Exercise description: Write out the lines from the top of the material through the line with "pub customers_before : before.customers", exactly and with nothing added.

Information given:
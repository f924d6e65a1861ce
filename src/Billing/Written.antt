-- ===== src/Billing/Written.antt =====
-- What the last steps of a checkout have written (billing.ts, `checkout`).
use cafe_retail_software.Billing.Issued.{HasAmounts, with_invoice}
use cafe_retail_software.Billing.Taken.{IsTaken}
use cafe_retail_software.Billing.Requested.{Requests, requested}
use cafe_retail_software.Database.{Database}
use cafe_retail_software.Billing.Tender.{Tendered, paid_sum}
use cafe_retail_software.Replay.{RequestKey}
use cafe_retail_software.Documents.Invoices.{Invoice}
use cafe_retail_software.Security.{Scope}
use cafe_retail_software.Prelude.{ℕ, ◌≡◌, List, ◌++◌, map, some}
use cafe_retail_software.Billing.Checkout.{post_sale}
use cafe_retail_software.Billing.Sale.{Sale, Occasion, stored_payment}
use cafe_retail_software.Result.{ok}
use cafe_retail_software.Mongo.{Mongo}

module _ (m : Mongo) where
  -- What a sale has written.
  pub record IsWritten (scope : Scope) (o : Occasion) (key : RequestKey) (sale : Sale)
      (tendered : List Tendered) (s t : Database m) (invoice : Invoice) : Type 0 where
    pub requests : Requests
    pub asked_for : requested sale.quoted.items ≡ ok requests
    pub draft_kept : (n : ℕ) → o.draft_id ≡ some n → invoice.id ≡ n
    pub taken : IsTaken m scope.company.id sale.branch.id requests s t
    pub amounts : HasAmounts sale (paid_sum tendered) invoice
    pub company : invoice.company_id ≡ scope.company.id
    pub branch : invoice.branch_id ≡ sale.quoted.branch_id
    pub keyed : invoice.idempotency_key ≡ key.id
    pub hashed : invoice.request_hash ≡ key.hash
    pub stored : m.docs t.invoices ≡ with_invoice o.draft_id invoice (m.docs s.invoices)
    pub payments :
        m.docs t.invoice_payments
        ≡ m.docs s.invoice_payments ++ map (stored_payment invoice sale.branch.id o.today) tendered
    pub before : Database m
    pub after : Database m
    pub posted :
        post_sale m scope sale.customer sale.amount
          (paid_sum tendered)
          invoice.id
          sale.branch.id
          before
        ≡ ok (tt, after)
    pub customers_before : before.customers ≡ s.customers
    pub customers_after : t.customers ≡ after.customers
    pub ledger_before : before.ledger ≡ s.ledger
    pub ledger_after : t.ledger ≡ after.ledger

  pub IsTaken-between :
      (company branch : ℕ) (requests : Requests) (s s1 s2 t : Database m)
      → s1.inventory ≡ s.inventory
      → t.inventory ≡ s2.inventory
      → IsTaken m company branch requests s1 s2
      → IsTaken m company branch requests s t
  IsTaken-between company branch requests s s1 s2 t head tail taken = record {
    left = λ company' branch' product. rw tail (rw (← head) (taken.left company' branch' product));
    stocked = λ h. rw tail (taken.stocked (rw head h));
  }
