-- ===== src/Billing/Steps.antt =====
-- The sequence of the steps of a checkout, apps/web/src/server/billing.ts, 437-639.
use mathlib.Core.Option.{some-injective}
use mathlib.Core.Path.{subst}
use cafe_retail_software.Documents.Cafe.{Order}
use cafe_retail_software.Result.{ok-injective, split-lift, split->>=}
use cafe_retail_software.Billing.Writes.{
  finalize_if-Keeps, invoice_id-Keeps, insert_payments-Keeps, insert_order-Keeps, post_sale-Keeps,
  next_number-Keeps, store_invoice-Keeps, take_stock-Keeps,
}
use cafe_retail_software.Billing.Taken.{IsTaken, take_stock-IsTaken}
use cafe_retail_software.Documents.{Movement, Inventory}
use cafe_retail_software.Billing.Issued.{
  HasAmounts, store_invoice_effect, with_invoice, insert_payments_effect, sale_invoice-HasAmounts,
}
use cafe_retail_software.Billing.Collect.{finalize_if}
use cafe_retail_software.Billing.Numbers.{next_number}
use cafe_retail_software.Result.{ok}
use cafe_retail_software.Money.{Text, scaled}
use cafe_retail_software.Documents.Invoices.{Invoice, Sequence}
use cafe_retail_software.Billing.Requested.{Requests, take_stock, requested}
use cafe_retail_software.Database.{Database}
use cafe_retail_software.Billing.Tender.{Tendered, paid_sum}
use cafe_retail_software.Prelude.{
  List, ℕ, ◌≡◌, ◌≤◌, is_some, ◌∙◌, refl, ap, ◌++◌, map, Option, some, arith, sym, none,
}
use cafe_retail_software.Replay.{RequestKey}
use cafe_retail_software.Billing.Sale.{Occasion, CheckoutBody, Sale, stored_payment, sale_invoice}
use cafe_retail_software.Security.{Scope}
use cafe_retail_software.Billing.Checkout.{
  write_sale, invoice_id, insert_order, store_invoice, post_sale, insert_payments,
}
use cafe_retail_software.Mongo.{Mongo}
use cafe_retail_software.Billing.Written.{IsWritten, IsTaken-between}

module _ (m : Mongo) where
  invoice_id-draft :
      (draft : Option ℕ) (n : ℕ) (s : Database m) {id : ℕ} {t : Database m}
      → draft ≡ some n
      → invoice_id m draft s ≡ ok (id, t)
      → id ≡ n
  unfolding invoice_id
  invoice_id-draft none n s e h = absurd (ground arith)
  invoice_id-draft (some k) n s e h = sym (ap (λ p. p.0) (ok-injective h)) ∙ some-injective _ _ e

  module _ (scope : Scope) (o : Occasion) (key : RequestKey) (body : CheckoutBody) (sale : Sale)
      (tendered : List Tendered) (requests : Requests) (id : ℕ) (number : Text) (invoice : Invoice)
      (s s1 s2 s3 s4 s5 s6 s7 s8 : Database m) (numbered : invoice_id m o.draft_id s ≡ ok (id, s1))
      (took : take_stock m scope sale.branch.id id requests s1 ≡ ok (tt, s2))
      (counted : next_number m scope.company.id sale.branch.id sale.quoted.invoice_type s2
        ≡ ok (number, s3))
      (ordered : insert_order m scope o body sale invoice s3 ≡ ok (tt, s4))
      (stored_now : store_invoice m o.draft_id invoice s4 ≡ ok (tt, s5))
      (posted_now : post_sale m scope sale.customer sale.amount
          (paid_sum tendered)
          id
          sale.branch.id
          s5
        ≡ ok (tt, s6))
      (paid_now : insert_payments m invoice sale.branch.id o.today tendered s6 ≡ ok (tt, s7))
      (ended : finalize_if m (is_some o.source) scope invoice s7 ≡ ok (tt, s8)) where
    taken_now : IsTaken m scope.company.id sale.branch.id requests s s8
    taken_now =
        let f = λ (u : Database m). u.inventory in
        IsTaken-between m scope.company.id sale.branch.id requests s s1 s2 s8
          ((invoice_id-Keeps m f o.draft_id (λ s c. refl)).kept s numbered)
          ((finalize_if-Keeps m f (is_some o.source) scope invoice (λ s c. refl)
                (λ s c d. refl)).kept
              s7 ended
            ∙ ((insert_payments-Keeps m f invoice sale.branch.id o.today tendered
                    (λ s c. refl)).kept
                  s6 paid_now
                ∙ ((post_sale-Keeps m f scope sale.customer sale.amount (paid_sum tendered) id
                        sale.branch.id (λ s c. refl) (λ s c. refl) (λ s c. refl)).kept
                      s5 posted_now
                    ∙ ((store_invoice-Keeps m f o.draft_id invoice (λ s c. refl)).kept s4 stored_now
                        ∙ ((insert_order-Keeps m f scope o body sale invoice (λ s c. refl)
                                (λ s c. refl)).kept
                              s3 ordered
                            ∙ (next_number-Keeps m f scope.company.id sale.branch.id
                                  sale.quoted.invoice_type (λ s c. refl)).kept
                                s2 counted)))))
          (take_stock-IsTaken m scope sale.branch.id id requests s1 took)

    -- What the first steps keep: all but the stock, the numbers and the orders.
    head_keeps :
        {X : Type 0} (f : Database m → X)
        → ((s : Database m) (c : ℕ → ℕ) → f (record s { counters = c }) ≡ f s)
        → ((s : Database m) (c : m.Collection Movement) → f (record s { movements = c }) ≡ f s)
        → ((s : Database m) (c : m.Collection Inventory) → f (record s { inventory = c }) ≡ f s)
        → ((s : Database m) (c : m.Collection Sequence) → f (record s { sequences = c }) ≡ f s)
        → ((s : Database m) (c : m.Collection Order) → f (record s { orders = c }) ≡ f s)
        → f s4 ≡ f s
    head_keeps f counts moves stock numbers served =
        (insert_order-Keeps m f scope o body sale invoice counts served).kept s3 ordered
        ∙ ((next_number-Keeps m f scope.company.id sale.branch.id sale.quoted.invoice_type
                numbers).kept
              s2 counted
            ∙ ((take_stock-Keeps m f scope sale.branch.id id requests counts moves stock).kept s1
                  took
                ∙ (invoice_id-Keeps m f o.draft_id counts).kept s numbered))

    steps-IsWritten :
        HasAmounts sale (paid_sum tendered) invoice
        → requested sale.quoted.items ≡ ok requests
        → invoice.id ≡ id
        → invoice.company_id ≡ scope.company.id
        → invoice.branch_id ≡ sale.quoted.branch_id
        → invoice.idempotency_key ≡ key.id
        → invoice.request_hash ≡ key.hash
        → IsWritten m scope o key sale tendered s s8 invoice
    steps-IsWritten amounts asked_now own_id own_company own_branch own_key own_hash =
        let invoices = λ (u : Database m). u.invoices in
        let payments = λ (u : Database m). u.invoice_payments in
        let customers = λ (u : Database m). u.customers in
        let rows = λ (u : Database m). u.ledger in
        let invoices4 : s4.invoices ≡ s.invoices =
          head_keeps invoices (λ s c. refl) (λ s c. refl) (λ s c. refl) (λ s c. refl)
            (λ s c. refl) in
        let invoices8 : s8.invoices ≡ s5.invoices =
          (finalize_if-Keeps m invoices (is_some o.source) scope invoice (λ s c. refl)
              (λ s c d. refl)).kept
            s7 ended
          ∙ ((insert_payments-Keeps m invoices invoice sale.branch.id o.today tendered
                  (λ s c. refl)).kept
                s6 paid_now
              ∙ (post_sale-Keeps m invoices scope sale.customer sale.amount (paid_sum tendered) id
                    sale.branch.id (λ s c. refl) (λ s c. refl) (λ s c. refl)).kept
                  s5 posted_now) in
        let payments6 : s6.invoice_payments ≡ s.invoice_payments =
          (post_sale-Keeps m payments scope sale.customer sale.amount (paid_sum tendered) id
              sale.branch.id (λ s c. refl) (λ s c. refl) (λ s c. refl)).kept
            s5 posted_now
          ∙ ((store_invoice-Keeps m payments o.draft_id invoice (λ s c. refl)).kept s4 stored_now
              ∙ head_keeps payments (λ s c. refl) (λ s c. refl) (λ s c. refl) (λ s c. refl)
                  (λ s c. refl)) in
        let payments8 : s8.invoice_payments ≡ s7.invoice_payments =
          (finalize_if-Keeps m payments (is_some o.source) scope invoice (λ s c. refl)
              (λ s c d. refl)).kept
            s7 ended in
        record {
          requests = requests;
          asked_for = asked_now;
          draft_kept = λ n e. own_id ∙ invoice_id-draft o.draft_id n s e numbered;
          taken = taken_now;
          amounts = amounts;
          company = own_company;
          branch = own_branch;
          keyed = own_key;
          hashed = own_hash;
          stored = rw invoices8 (
              store_invoice_effect m o.draft_id invoice s4 stored_now
              ∙ ap (λ c. with_invoice o.draft_id invoice (m.docs c)) invoices4);
          payments = rw payments8 (
              insert_payments_effect m invoice sale.branch.id o.today tendered s6 paid_now
              ∙ ap (λ c. m.docs c ++ map (stored_payment invoice sale.branch.id o.today) tendered)
                  payments6);
          before = s5;
          after = s6;
          posted = rw own_id posted_now;
          customers_before =
              (store_invoice-Keeps m customers o.draft_id invoice (λ s c. refl)).kept s4 stored_now
              ∙ head_keeps customers (λ s c. refl) (λ s c. refl) (λ s c. refl) (λ s c. refl)
                  (λ s c. refl);
          customers_after =
              (finalize_if-Keeps m customers (is_some o.source) scope invoice (λ s c. refl)
                  (λ s c d. refl)).kept
                s7 ended
              ∙ (insert_payments-Keeps m customers invoice sale.branch.id o.today tendered
                    (λ s c. refl)).kept
                  s6 paid_now;
          ledger_before =
              (store_invoice-Keeps m rows o.draft_id invoice (λ s c. refl)).kept s4 stored_now
              ∙ head_keeps rows (λ s c. refl) (λ s c. refl) (λ s c. refl) (λ s c. refl)
                  (λ s c. refl);
          ledger_after =
              (finalize_if-Keeps m rows (is_some o.source) scope invoice (λ s c. refl)
                  (λ s c d. refl)).kept
                s7 ended
              ∙ (insert_payments-Keeps m rows invoice sale.branch.id o.today tendered
                    (λ s c. refl)).kept
                  s6 paid_now;
        }

  pub write_sale-IsWritten :
      (scope : Scope) (o : Occasion) (key : RequestKey) (body : CheckoutBody) (sale : Sale)
      (tendered : List Tendered) (s : Database m) {invoice : Invoice} {t : Database m}
      → scaled sale.quoted.grand_total ≡ ok sale.amount
      → paid_sum tendered ≤ sale.amount
      → write_sale m scope o key body sale tendered s ≡ ok (invoice, t)
      → IsWritten m scope o key sale tendered s t invoice
  unfolding write_sale
  write_sale-IsWritten scope o key body sale tendered s {t = t} total fits h =
      let paid_now = paid_sum tendered in
      let kind = sale.quoted.invoice_type in
      let (requests, asked_now, h1) = split-lift (requested sale.quoted.items) _ s h in
      let (id, s1, numbered, h2) = split->>= (invoice_id m o.draft_id) _ s h1 in
      let (_, s2, took, h3) = split->>= (take_stock m scope sale.branch.id id requests) _ s1 h2 in
      let (number, s3, counted, h4) =
        split->>= (next_number m scope.company.id sale.branch.id kind) _ s2 h3 in
      let (invoice, made, h5) =
        split-lift (sale_invoice scope o key sale id number paid_now) _ s3 h4 in
      let (_, s4, ordered, h6) = split->>= (insert_order m scope o body sale invoice) _ s3 h5 in
      let (_, s5, stored_now, h7) = split->>= (store_invoice m o.draft_id invoice) _ s4 h6 in
      let (_, s6, posted_now, h8) =
        split->>= (post_sale m scope sale.customer sale.amount paid_now id sale.branch.id) _ s5
          h7 in
      let (_, s7, inserted, h9) =
        split->>= (insert_payments m invoice sale.branch.id o.today tendered) _ s6 h8 in
      let (_, s8, ended, h10) =
        split->>= (finalize_if m (is_some o.source) scope invoice) _ s7 h9 in
      let (amounts, own_id, own_company, own_key, own_hash, own_branch) =
        sale_invoice-HasAmounts scope o key sale id number paid_now total fits made in
      subst (λ r. IsWritten m scope o key sale tendered s r.1 r.0) (ok-injective h10)
        (steps-IsWritten scope o key body sale tendered requests id number invoice s s1 s2 s3 s4 s5
          s6 s7 s8 numbered took counted ordered stored_now posted_now inserted ended amounts
          asked_now own_id own_company own_branch own_key own_hash)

Reply to the task:
repository f924d6e65a1861ce
filename src/Billing/Written.antt
-- ===== src/Billing/Written.antt =====
-- What the last steps of a checkout have written (billing.ts, `checkout`).
use cafe_retail_software.Billing.Issued.{HasAmounts, with_invoice}
use cafe_retail_software.Billing.Taken.{IsTaken}
use cafe_retail_software.Billing.Requested.{Requests, requested}
use cafe_retail_software.Database.{Database}
use cafe_retail_software.Billing.Tender.{Tendered, paid_sum}
use cafe_retail_software.Replay.{RequestKey}
use cafe_retail_software.Documents.Invoices.{Invoice}
use cafe_retail_software.Security.{Scope}
use cafe_retail_software.Prelude.{ℕ, ◌≡◌, List, ◌++◌, map, some}
use cafe_retail_software.Billing.Checkout.{post_sale}
use cafe_retail_software.Billing.Sale.{Sale, Occasion, stored_payment}
use cafe_retail_software.Result.{ok}
use cafe_retail_software.Mongo.{Mongo}

module _ (m : Mongo) where
  -- What a sale has written.
  pub record IsWritten (scope : Scope) (o : Occasion) (key : RequestKey) (sale : Sale)
      (tendered : List Tendered) (s t : Database m) (invoice : Invoice) : Type 0 where
    pub requests : Requests
    pub asked_for : requested sale.quoted.items ≡ ok requests
    pub draft_kept : (n : ℕ) → o.draft_id ≡ some n → invoice.id ≡ n
    pub taken : IsTaken m scope.company.id sale.branch.id requests s t
    pub amounts : HasAmounts sale (paid_sum tendered) invoice
    pub company : invoice.company_id ≡ scope.company.id
    pub branch : invoice.branch_id ≡ sale.quoted.branch_id
    pub keyed : invoice.idempotency_key ≡ key.id
    pub hashed : invoice.request_hash ≡ key.hash
    pub stored : m.docs t.invoices ≡ with_invoice o.draft_id invoice (m.docs s.invoices)
    pub payments :
        m.docs t.invoice_payments
        ≡ m.docs s.invoice_payments ++ map (stored_payment invoice sale.branch.id o.today) tendered
    pub before : Database m
    pub after : Database m
    pub posted :
        post_sale m scope sale.customer sale.amount
          (paid_sum tendered)
          invoice.id
          sale.branch.id
          before
        ≡ ok (tt, after)
    pub customers_before : before.customers ≡ s.customers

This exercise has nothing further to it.